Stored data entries

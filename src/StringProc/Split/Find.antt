-- ===== src/StringProc/Split/Find.antt =====
-- The first occurrence of a separator: `find`, then `substr(0, pos)` and `erase(0, pos + length)`.
use Prim.Native.Char.{Char}
use web_socket_ds.Base.{String, Option, none, some, is_empty, if◌then◌else◌, strip_prefix}

abbrev prepend : Char → Option (String × String) → Option (String × String)
prepend c none = none
prepend c (some (t, r)) = some (String.◌∷◌ c t, r)

unfoldable pub find_split : String → String → Option (String × String)
unfolding strip_prefix
find_split d String.[] = if is_empty d then some ("", "") else none
find_split d (String.◌∷◌ c s) =
    let later = find_split d s in
    elim (strip_prefix d (String.◌∷◌ c s)) [ none ↦ prepend c later | some r ↦ some ("", r) ]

Your assignment => Find every line above that includes the word "prepend", then state how many there are and nothing more.

Solution to the problem => 4